Hillrom to Continue Advancing Connected Care™ as Part of Baxter; Combination to Transform the Global Healthcare Landscape
Thursday, September 2, 2021
We are excited to announce that in the coming months, Hillrom and Baxter – two names that have been part of the worldwide healthcare landscape for more than 90 years – will be coming together to better serve customers, patients and the global health community.
Our goal is simple – advancing the next generation of transformative healthcare innovations – and our larger scale, innovation capabilities, talent and resources will accelerate our transformation.
By joining Baxter, we will add complementary businesses to its industry-leading portfolio of critical care, nutrition, renal, hospital and surgical products. The combined company will be able to provide a broader array of medical products and services to patients and clinicians across the care continuum and around the world, facilitating the delivery of healthcare that is patient- and customer-centered, and focused on improving clinical outcomes.
We will also be combining organizations with similar values, a shared focus on creating cultures of inclusivity, innovation, and corporate responsibility.
This is truly a win-win for all our stakeholders – employees will benefit from being part of a larger, stronger company with accelerated growth opportunities, patients and their caregivers will benefit from our ability to advance connected care as part of Baxter, and our shareholders receive a significant and immediate premium for their investment.
The transaction is subject to the approval of Hillrom shareholders and the satisfaction of other customary closing conditions, including regulatory approvals. For the time being, our companies remain separate and will continue to serve customers and patients through our existing channels. Please continue to work with the Hillrom team as you do today. It’s business as usual, and we’ll keep you updated as we move forward. We expect the transaction to close by early 2022.

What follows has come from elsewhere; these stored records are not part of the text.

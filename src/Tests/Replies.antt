-- ===== src/Tests/Replies.antt =====
-- Error responses to a query with one question and to a query with two.
use personal_test_resolver.Common.{
  ◌≡◌, none, some, [], ◌∷◌, Bytes, arith, refl, All, IsByte, ◌++◌, ℕ, List, suc, ◌≢◌, zero, length,
  All-append, ◌<◌, ap, if◌then◌else◌, ltb, ◌↔◌, ◌+◌,
}
use personal_test_resolver.Response.Wrapper.{dns_build_error_response-error_bytes}
use personal_test_resolver.Message.Wrapper.{IsFirstQuery, dns_parse_query-IsFirstQuery}
use personal_test_resolver.Message.Correct.{IsMessage, parse_dns_message-IsMessage}
use personal_test_resolver.Tests.Serving.{question_taken}
use personal_test_resolver.Tests.Packets.{
  memory, query, query_header, query_bytes, question, query_bytes-IsByte, parsed_query,
}
use personal_test_resolver.Response.{
  build_error_response, question_size, skip_name, dns_build_error_response,
}
use personal_test_resolver.Wire.{Message, header_size}
use personal_test_resolver.Message.{
  parse_dns_message, parse_body, parse_questions, parse_dns_question, finish_question, keep_raw,
  c_string, dns_parse_query, query_of,
}
use personal_test_resolver.Response.Fields.{error_header, error_bytes}
use personal_test_resolver.Response.RoundTrip.{
  parse-build_error_response_fails, parse-build_error_response_question,
}
use personal_test_resolver.Common.Memory.{malloc}
use personal_test_resolver.Header.{parse_dns_header, header_at}
use personal_test_resolver.Name.{
  parse_dns_name, name_loop, name_round, copy_label, strip_dot, follow_pointer,
}
use personal_test_resolver.Encode.Labels.{IsHostLabel}
use personal_test_resolver.Encode.{encode_dns_name}
use personal_test_resolver.Encode.RoundTrip.{wire}
use personal_test_resolver.Name.Dotted.{joined}
use personal_test_resolver.Encode.Overlong.{parse-encode_overlong}

parse-build_error_response_question_example :
    (response : Bytes) × ((build_error_response (some query) 3 memory).0 ≡ some response)
    × ((parse_dns_message (some response) memory).0
        ≡ some (record {
          header = error_header query.header 3;
          questions = query.questions;
          raw_data = some response;
        }))
parse-build_error_response_question_example =
    parse-build_error_response_question query_bytes memory memory memory query 3 9
      query_bytes-IsByte parsed_query refl question_taken (omega arith) refl refl

query-IsMessage : IsMessage query_bytes query
query-IsMessage =
    (parse_dns_message-IsMessage query_bytes memory query query_bytes-IsByte refl).0 parsed_query

dns_build_error_response-error_bytes_example :
    (dns_build_error_response (some query_bytes) 512 3 memory).0
    ≡ (if ltb 512 (header_size + 9) then none else some (error_bytes query_header 3 query_bytes 9))
dns_build_error_response-error_bytes_example =
    dns_build_error_response-error_bytes query_bytes 512 3 9 memory query query_bytes-IsByte refl
      query-IsMessage question_taken (omega arith) (omega arith)

dns_parse_query-IsFirstQuery_example :
    ((dns_parse_query (some query_bytes) memory).0 ≡ some (query_of question)) ↔ (
      ((message : Message) × IsMessage query_bytes message)
      × IsFirstQuery query_bytes (query_of question))
dns_parse_query-IsFirstQuery_example =
    dns_parse_query-IsFirstQuery query_bytes memory (query_of question) query_bytes-IsByte refl

-- a.b twice, the second time as a pointer to the first
abbrev double_bytes : Bytes
double_bytes =
    0x12 ∷ 0x34 ∷ 0x01 ∷ 0x00 ∷ 0 ∷ 2 ∷ 0 ∷ 0 ∷ 0 ∷ 0 ∷ 0 ∷ 0 ∷ 1 ∷ b'a' ∷ 1 ∷ b'b' ∷ 0 ∷ 0 ∷ 1 ∷ 0
    ∷ 1 ∷ 0xc0 ∷ 12 ∷ 0 ∷ 1 ∷ 0 ∷ 1 ∷ []

abbrev double_query : Message
double_query = record {
  header = record {
    id = 0x1234;
    flags = 0x0100;
    qdcount = 2;
    ancount = 0;
    nscount = 0;
    arcount = 0;
  };
  questions = some (question ∷ question ∷ []);
  raw_data = some double_bytes;
}

double_bytes-IsByte : All IsByte double_bytes
double_bytes-IsByte = omega arith

double_parsed : (parse_dns_message (some double_bytes) memory).0 ≡ some double_query
unfolding parse_dns_message parse_body parse_questions parse_dns_question finish_question keep_raw
    malloc parse_dns_header header_at c_string parse_dns_name name_loop name_round copy_label
    strip_dot follow_pointer
double_parsed = refl

double_taken : question_size (some double_bytes) ≡ some 9
unfolding question_size skip_name
double_taken = refl

parse-build_error_response_fails_example :
    (response : Bytes) × ((build_error_response (some double_query) 3 memory).0 ≡ some response)
    × ((parse_dns_message (some response) memory).0 ≡ none)
parse-build_error_response_fails_example =
    parse-build_error_response_fails double_bytes memory memory memory double_query 3 9
      double_bytes-IsByte double_parsed (omega arith) double_taken (omega arith) refl

-- A label of `n` bytes.
abbrev letters : ℕ → Bytes
letters zero = []
letters (suc n) = b'a' ∷ letters n

All-letters : (P : ℕ → Type 0) (n : ℕ) → P b'a' → All P (letters n)
All-letters P zero h = tt
All-letters P (suc n) h = (h, All-letters P n h)

length-letters : (n : ℕ) → length (letters n) ≡ n
length-letters zero = refl
length-letters (suc n) = ap suc (length-letters n)

abbrev copies : ℕ → Bytes → List Bytes
copies zero l = []
copies (suc n) l = l ∷ copies n l

abbrev long_labels : List Bytes
long_labels = copies 4 (letters 63)

long_label : IsHostLabel (letters 63)
long_label = ((omega arith, omega arith), All-letters (λ c. c ≢ b'.') 63 (omega arith))

wire-AreBytes : (n left : ℕ) → n < 256 → All IsByte (wire (copies left (letters n)))
wire-AreBytes n zero h = (omega arith, tt)
wire-AreBytes n (suc left) h = (
  rw (length-letters n) h,
  All-append IsByte (letters n) (wire (copies left (letters n)))
      (All-letters IsByte n (omega arith)) (wire-AreBytes n left h),
)

long_bytes-IsByte : All IsByte ([] ++ (wire long_labels ++ []))
long_bytes-IsByte = All-append IsByte (wire long_labels) [] (wire-AreBytes 63 4 (omega arith)) tt

parse-encode_overlong_example :
    ((encode_dns_name (some (joined long_labels)) 300 memory).0 ≡ some (wire long_labels))
    × (length (wire long_labels) ≡ 257)
    × (parse_dns_name (some ([] ++ (wire long_labels ++ []))) 0 256 ≡ none)
parse-encode_overlong_example =
    parse-encode_overlong long_labels 300 256 memory [] [] refl
      (long_label, (long_label, (long_label, (long_label, tt)))) refl (omega arith)
      long_bytes-IsByte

You can read more about our combination in the press release on our website. If you have questions, please reach out to your Hillrom contact.
Additional Information About the Merger and Where to Find It
This communication relates to the proposed transaction involving Hillrom. This communication is not intended to and does not constitute an offer to sell or the solicitation of an offer to subscribe for or buy or an invitation to purchase or subscribe for any securities or the solicitation of any vote or approval in any jurisdiction, nor shall there be any sale, issuance or transfer of securities in any jurisdiction in contravention of applicable law. In connection with the proposed transaction, Hillrom will file relevant materials with the U.S. Securities and Exchange Commission (the “SEC”), including Hillrom’s proxy statement on Schedule 14A (the “Proxy Statement”). This communication is not a substitute for the Proxy Statement or any other document that Hillrom may file with the SEC or send to its shareholders in connection with the proposed transaction. BEFORE MAKING ANY VOTING DECISION, SHAREHOLDERS OF HILLROM ARE URGED TO READ ALL RELEVANT DOCUMENTS FILED OR TO BE FILED WITH THE SEC, INCLUDING THE PROXY STATEMENT, WHEN THEY BECOME AVAILABLE BECAUSE THEY WILL CONTAIN IMPORTANT INFORMATION ABOUT THE PROPOSED TRANSACTION. Investors and security holders will be able to obtain the documents (when available) free of charge at the SEC’s website, www.sec.gov, or by visiting Hillrom’s investor relations website, https://ir.hill-rom.com/ir-home/default.aspx.
Participants in the Solicitation
Hillrom and its directors and executive officers may be deemed to be participants in the solicitation of proxies from the holders of Hillrom’s common stock in respect of the proposed transaction. Information about the directors and executive officers of Hillrom and their ownership of Hillrom’s common stock is set forth in the definitive proxy statement for Hillrom’s 2021 Annual Meeting of Stockholders, which was filed with the SEC on January 19, 2021, or its Annual Report on Form 10-K for the year ended September 30, 2020, and in other documents filed by Hillrom with the SEC. Other information regarding the participants in the proxy solicitation and a description of their direct and indirect interests, by security holdings or otherwise, will be contained in the Proxy Statement and other relevant materials to be filed with the SEC in respect of the proposed transaction when they become available.